0
I am developing a project using scikit-Learn (and pandas to handle the data) to predict the results of football matches based on previous results. As a project methodology, for each row of the dataset used in the prediction, the result is determined using the last three games of the teams, which I put in an array of Numpy. I got an error when I used to try to add the set with the last three games to the pandas dataset that will be used in the classification. The code:
import pandas as pd
import numpy as np
from sklearn.metrics import confusion_matrix
from sklearn.model_selection import train_test_split
from sklearn.tree import DecisionTreeClassifier
ds_resultados = pd.read_csv("E0_new2.csv")

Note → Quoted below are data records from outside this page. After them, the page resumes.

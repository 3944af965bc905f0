-- ===== src/Gamepad/Monitor.antt =====
-- reference/modules/gamepad.py: the thread of `XboxController` that waits for a pad and reads its
-- events. What a scan for devices finds, what the driver says of an axis and what a read of events
-- does are inputs.
use kaivuriprokkis.Prelude.{
  ℕ, zero, suc, ◌+◌, ◌==◌, ltb, leb, Bool, true, false, ◌||◌, Option, none, some, List, [], ◌∷◌,
  if◌then◌else◌,
}
use kaivuriprokkis.Prelude.Int.{ℤ, pos, pos_part, neg_part, ltb_ℤ, eqb_ℤ}
use kaivuriprokkis.Float.{Float}
use kaivuriprokkis.Gamepad.{
  Axis, Event, XboxController, reset_values, default_axis_scales, process_events,
}

-- The minimum and maximum of an axis, where the driver tells them.
abbrev pub Probe : Type 0
Probe = Axis → Option (ℤ × ℤ)

-- A pass of the wait: whether a pad is listed, its ranges, and whether the stop event is set by the
-- end of the wait that follows a pass without one.
pub record Scan : Type 0 where
  pub found : Bool
  pub probe : Probe
  pub stops : Bool

-- What `get_gamepad` does.
pub data Reading : Type 0 where
  events : List Event → Reading
  unplugged permission_error os_error unknown_event_type : Reading

abbrev magnitude : ℤ → ℕ
magnitude n = pos_part n + neg_part n

unfoldable pub full_scale : ℤ × ℤ → ℕ
full_scale (minimum, maximum) =
    let high = magnitude maximum + 1 in
    if ltb_ℤ minimum (pos 0)
    then (if ltb (magnitude minimum) high then high else magnitude minimum)
    else magnitude maximum

unfoldable pub gave_up : Option ℕ → ℕ → Bool
gave_up none count = false
gave_up (some m) count = leb m count

module _ {F : Type 0} ⦃fl : Float F⦄ where
  -- An axis without a range, or with an empty one, keeps its default.
  unfoldable pub scale_of : Option (ℤ × ℤ) → F → F
  unfolding full_scale
  scale_of none scale = scale
  scale_of (some (minimum, maximum)) scale =
      let full = full_scale (minimum, maximum) in
      if eqb_ℤ minimum maximum || full == 0 then scale else fl.of_int (pos full)

  unfoldable pub refresh_axis_scales : Probe → XboxController F → XboxController F
  unfolding scale_of default_axis_scales
  refresh_axis_scales probe c = record c {
    axis_scale = λ a. scale_of (probe a) (default_axis_scales a);
  }

  unfoldable pub make_controller : Option ℕ → F → F → XboxController F
  unfolding reset_values default_axis_scales
  make_controller max_reconnect deadzone padding = record {
    max_reconnect = max_reconnect;
    deadzone = fl.div deadzone (fl.lit (pos 100) 0);
    padding = fl.div padding (fl.lit (pos 100) 0);
    axis_scale = default_axis_scales;
    values = reset_values;
    stopping = false;
    connected = false;
    reconnect_count = 0;
    first_scan = true;
    ever_connected = false;
  }

  unfoldable pub found_pad : Probe → XboxController F → XboxController F
  unfolding refresh_axis_scales
  found_pad probe c = record (refresh_axis_scales probe c) {
    first_scan = false;
    connected = true;
    ever_connected = true;
    reconnect_count = 0;
  }

  unfoldable pub missed_pad : XboxController F → XboxController F
  missed_pad c = record c { first_scan = false; reconnect_count = c.reconnect_count + 1 }

  -- `_acquire_pad`, on fuel: the k-th scan is `scans k`. None when the fuel runs out.
  unfoldable pub acquire_pad :
      ℕ → (ℕ → Scan) → ℕ → XboxController F → Option (XboxController F × Bool)
  unfolding found_pad missed_pad gave_up
  acquire_pad zero scans k c = none
  acquire_pad (suc fuel) scans k c =
      let scan = scans k in
      let c' = missed_pad c in
      let rest = acquire_pad fuel scans (k + 1) (record c' { stopping = scan.stops }) in
      if c.stopping
      then some (c, false)
      else if scan.found
      then some (found_pad scan.probe c, true)
      else if gave_up c'.max_reconnect c'.reconnect_count
      then some (c', false)
      else if scan.stops
      then some (record c' { stopping = true }, false)
      else rest

  -- The wait at its end does not change the controller.
  unfoldable pub on_lost : XboxController F → XboxController F
  unfolding reset_values
  on_lost c = record c { connected = false; values = reset_values }

  -- What one read does, and whether it ends `_pump_events`.
  unfoldable pub pump_once : Bool → Reading → XboxController F → XboxController F × Bool
  unfolding on_lost process_events
  pump_once win (events es) c =
      (record c { values = process_events win c.axis_scale es c.values }, false)
  pump_once win unplugged c = (on_lost c, true)
  pump_once win permission_error c = (record c { stopping = true }, true)
  pump_once win os_error c = (on_lost c, true)
  pump_once win unknown_event_type c = (c, false)

  -- `_pump_events`, over what the reads do, each after a look at the stop event, which may be set by
  -- then; and whether it returned, or waits in a read.
  unfoldable pub pump_events :
      Bool → List (Bool × Reading) → XboxController F → XboxController F × Bool
  unfolding pump_once
  pump_events win [] c = (c, false)
  pump_events win ((stop, r) ∷ rs) c =
      let (c', ended) = pump_once win r c in
      let rest = pump_events win rs c' in
      if stop || c.stopping
      then (record c { stopping = true }, true)
      else if ended
      then (c', true)
      else rest

  unfoldable pub stop_monitoring : XboxController F → XboxController F
  unfolding reset_values
  stop_monitoring c = record c { stopping = true; connected = false; values = reset_values }
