-- ===== src/Gamepad/Acquire.antt =====
-- That the wait of `XboxController` for a pad ends.
use kaivuriprokkis.Prelude.{
  ℕ, zero, suc, ◌+◌, ◌-◌, ◌≤◌, ◌≡◌, refl, Bool, true, false, Option, none, some, arith, ◌⊎◌,
}
use kaivuriprokkis.Float.{Float}
use kaivuriprokkis.Gamepad.{XboxController}
use kaivuriprokkis.Gamepad.Monitor.{
  Scan, found_pad, missed_pad, gave_up, acquire_pad, refresh_axis_scales,
}

module _ {F : Type 0} ⦃fl : Float F⦄ where
  -- A pad is connected and its count of failures is cleared, or the wait was stopped or gave up.
  abbrev pub IsOutcome : ℕ → XboxController F × Bool → Type 0
  IsOutcome m (c, true) = (c.connected ≡ true) × (c.reconnect_count ≡ 0)
  IsOutcome m (c, false) = (c.stopping ≡ true) ⊎ (m ≤ c.reconnect_count)

  abbrev Ends : ℕ → Option (XboxController F × Bool) → Type 0
  Ends m none = ⊥
  Ends m (some r) = IsOutcome m r

  acquire_pad-Ends :
      (fuel m : ℕ) (scans : ℕ → Scan) (k : ℕ) (c : XboxController F)
      → c.max_reconnect ≡ some m
      → m - c.reconnect_count ≤ fuel
      → Ends m (acquire_pad (suc fuel) scans k c)
  unfolding acquire_pad found_pad missed_pad gave_up refresh_axis_scales
  acquire_pad-Ends zero m scans k c e h = ground arith
  acquire_pad-Ends (suc fuel) m scans k c e h = ground (
    arith,
    acquire_pad-Ends fuel m scans (k + 1) (record (missed_pad c) { stopping = (scans k).stops }) e,
  )

  ended :
      (m : ℕ) (o : Option (XboxController F × Bool))
      → Ends m o
      → (r : XboxController F × Bool) × ((o ≡ some r) × IsOutcome m r)
  ended m none h = absurd h
  ended m (some r) h = (r, (refl, h))

  -- With `max_reconnect` set, the wait for a pad ends, whatever the scans find: it takes at most one
  -- pass more than the attempts that are left. It returns true with the controller connected and no
  -- failure counted, or false because it was stopped or the count has reached `max_reconnect`.
  pub acquire_pad-terminates :
      (m : ℕ) (scans : ℕ → Scan) (k : ℕ) (c : XboxController F)
      → c.max_reconnect ≡ some m
      → (r : XboxController F × Bool) × ((acquire_pad (suc (m - c.reconnect_count)) scans k c
            ≡ some r)
          × IsOutcome m r)
  acquire_pad-terminates m scans k c e =
      ended m (acquire_pad (suc (m - c.reconnect_count)) scans k c)
        (acquire_pad-Ends (m - c.reconnect_count) m scans k c e (omega arith))
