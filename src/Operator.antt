-- ===== src/Operator.antt =====
-- The operator's side of a policy run: native_stack/tools/vla_operator.py.
pub mod Tasks
pub mod Pad
pub mod Supervisor
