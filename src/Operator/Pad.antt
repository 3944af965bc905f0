-- ===== src/Operator/Pad.antt =====
-- native_stack/tools/vla_operator.py: `Pad`, the Xbox pad that a run reads itself. What a read of the
-- device gives, and what the driver says of an axis, are inputs; an event comes decoded.
pub mod Edges
use kaivuriprokkis.Prelude.{
  ℕ, ◌+◌, ◌==◌, ltb, Bool, true, false, not, ◌&&◌, ◌||◌, Option, none, some, List, [], ◌∷◌, ◌++◌,
  if◌then◌else◌,
}
use kaivuriprokkis.Prelude.Int.{ℤ, pos, negsuc, pos_part, neg_part, ltb_ℤ, leb_ℤ, eqb_ℤ}
use kaivuriprokkis.Float.{Float}

pub data Stick : Type 0 where
  abs_x abs_y abs_rx abs_ry : Stick

-- An event, by its type: a SYN_DROPPED, a key with its value, an axis that the pad reads, the hat of
-- the D-pad, or one that `poll` ignores.
pub data PadEvent : Type 0 where
  syn_dropped ignored : PadEvent
  ev_key : ℕ → ℤ → PadEvent
  ev_abs : Stick → ℤ → PadEvent
  ev_hat0x : ℤ → PadEvent

pub data PadError : Type 0 where
  disconnected overrun no_axes : PadError

-- A read of the device, where one that would block ends a poll.
pub data DeviceRead : Type 0 where
  would_block failed : DeviceRead
  read_events : List PadEvent → DeviceRead

-- The value, the minimum and the maximum of an axis.
pub record Range : Type 0 where
  pub value : ℤ
  pub lo : ℤ
  pub hi : ℤ

-- `keys` says of a key whether it is down.
pub record Pad : Type 0 where
  pub axes : Stick → Range
  pub keys : ℕ → Bool

abbrev pub btn_left : ℕ
btn_left = 0x222

abbrev pub btn_right : ℕ
btn_right = 0x223

-- _read_axes, on a pipe and on a device
unfoldable pub fifo_axes : Stick → Range
fifo_axes _ = record { value = pos 0; lo = negsuc 32_767; hi = pos 32_767 }

abbrev is_empty : Range → Bool
is_empty r = leb_ℤ r.hi r.lo

abbrev same_stick : Stick → Stick → Bool
same_stick abs_x abs_x = true
same_stick abs_y abs_y = true
same_stick abs_rx abs_rx = true
same_stick abs_ry abs_ry = true
same_stick _ _ = false

-- Each axis in turn, up to one whose range is empty.
unfoldable pub read_each : List Stick → (Stick → Range) → (Stick → Range) → (Stick → Range) × Bool
read_each [] probe axes = (axes, true)
read_each (code ∷ codes) probe axes =
    let rest = read_each codes probe (λ s. if same_stick s code then probe code else axes s) in
    if is_empty (probe code) then (axes, false) else rest

-- `_read_axes`, and whether it returns
unfoldable pub read_axes : Bool → (Stick → Range) → (Stick → Range) → (Stick → Range) × Bool
unfolding fifo_axes read_each
read_axes fifo probe axes =
    let each = read_each (abs_x ∷ abs_y ∷ abs_rx ∷ abs_ry ∷ []) probe axes in
    if fifo then (fifo_axes, true) else each

-- Drop what is queued, and read the sticks again. The reads end with one that would block.
unfoldable pub drain : Bool → (Stick → Range) → List DeviceRead → Pad → Pad × Option PadError
unfolding read_axes
drain fifo probe (failed ∷ reads) p = (p, some disconnected)
drain fifo probe (read_events [] ∷ reads) p = (p, some disconnected)
drain fifo probe (read_events (_ ∷ _) ∷ reads) p = drain fifo probe reads p
drain fifo probe _ p =
    let (axes, ok) = read_axes fifo probe p.axes in
    (record { axes = axes; keys = λ b. false }, if ok then none else some no_axes)

unfoldable pub set_axis : Stick → ℤ → (Stick → Range) → Stick → Range
set_axis code val axes s = if same_stick s code then record (axes s) { value = val } else axes s

-- The keys that an event says are down or up: itself, or for the hat both keys of the D-pad.
unfoldable pub signals : PadEvent → List (ℕ × Bool)
signals (ev_key code val) = (code, not (eqb_ℤ val (pos 0))) ∷ []
signals (ev_hat0x val) = (btn_left, ltb_ℤ val (pos 0)) ∷ (btn_right, ltb_ℤ (pos 0) val) ∷ []
signals _ = []

-- What a poll has gathered: the keys that are down, and those that were newly pressed, in order.
unfoldable pub signal : ℕ × Bool → (ℕ → Bool) × List ℕ → (ℕ → Bool) × List ℕ
signal (b, on) (keys, pressed) = (
  (λ k. if k == b then on else keys k),
  if on && not (keys b) then pressed ++ (b ∷ []) else pressed,
)

unfoldable pub signal_all : List (ℕ × Bool) → (ℕ → Bool) × List ℕ → (ℕ → Bool) × List ℕ
unfolding signal
signal_all [] s = s
signal_all (x ∷ xs) s = signal_all xs (signal x s)

abbrev moved : PadEvent → (Stick → Range) → Stick → Range
moved (ev_abs code val) axes = set_axis code val axes
moved _ axes = axes

abbrev is_dropped : PadEvent → Bool
is_dropped syn_dropped = true
is_dropped _ = false

-- The events of one read, up to a SYN_DROPPED, which raises.
unfoldable pub handle : List PadEvent → Pad → List ℕ → Pad × (List ℕ × Option PadError)
unfolding signal_all signals set_axis
handle [] p pressed = (p, (pressed, none))
handle (e ∷ es) p pressed =
    let (keys, pressed') = signal_all (signals e) (p.keys, pressed) in
    let rest = handle es (record { axes = moved e p.axes; keys = keys }) pressed' in
    if is_dropped e then (p, (pressed, some overrun)) else rest

unfoldable pub poll_from : List DeviceRead → Pad → List ℕ → Pad × (List ℕ × Option PadError)
unfolding handle
poll_from [] p pressed = (p, (pressed, none))
poll_from (would_block ∷ reads) p pressed = (p, (pressed, none))
poll_from (failed ∷ reads) p pressed = (p, (pressed, some disconnected))
poll_from (read_events [] ∷ reads) p pressed = (p, (pressed, some disconnected))
poll_from (read_events (e ∷ es) ∷ reads) p pressed =
    let (p', (pressed', error)) = handle (e ∷ es) p pressed in
    let rest = poll_from reads p' pressed' in
    elim error [ some why ↦ (p', (pressed', some why)) | none ↦ rest ]

-- `poll`: the buttons that are newly pressed, or the error that it raises.
unfoldable pub poll : List DeviceRead → Pad → Pad × (List ℕ × Option PadError)
unfolding poll_from
poll reads p = poll_from reads p []

abbrev magnitude : ℤ → ℕ
magnitude n = pos_part n + neg_part n

module _ {F : Type 0} ⦃fl : Float F⦄ where
  abbrev unit : F → F
  unit x =
      let one = fl.lit (pos 1) 0 in
      let minus = fl.lit (negsuc 0) 0 in
      let high = if fl.lt x minus then minus else x in if fl.lt one high then one else high

  -- The stick from -1 to 1, with a dead zone of a quarter.
  unfoldable pub axis : Range → F
  axis r =
      let low = magnitude r.lo in
      let high = magnitude r.hi + 1 in
      let scale = if ltb low high then high else low in
      let x = unit (fl.div (fl.of_int r.value) (fl.of_int (pos scale))) in
      let quarter = fl.lit (pos 25) 2 in
      let size = fl.div (fl.sub (fl.abs x) quarter) (fl.lit (pos 75) 2) in
      if fl.lt (fl.abs x) quarter
      then fl.lit (pos 0) 0
      else (if fl.lt x (fl.lit (pos 0) 0) then fl.neg size else size)

  -- Slew, boom, arm, bucket and the two tracks.
  unfoldable pub action : Bool → Pad → List F
  unfolding axis
  action slew p =
      let zero = fl.lit (pos 0) 0 in
      (if slew then fl.neg (axis (p.axes abs_x)) else zero)
      ∷ fl.neg (axis (p.axes abs_ry))
      ∷ axis (p.axes abs_y)
      ∷ fl.neg (axis (p.axes abs_rx))
      ∷ zero
      ∷ zero
      ∷ []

ds_resultados["Date"] = pd.to_datetime(ds_resultados.Date)
data = ds_resultados[["FTHG", "FTAG", "HTHG", "HTAG", "HS", "AS", "HST", "AST"]]
target = ds_resultados["FTR"]
#CÓDIGO PARA PEGAR OS TRÊS ÚLTIMOS RESULTADOS PARA CADA JOGO
cont = 0;
for index, row in ds_resultados.iterrows():
auxHome = ds_resultados[((ds_resultados["HomeTeam"] == row["HomeTeam"])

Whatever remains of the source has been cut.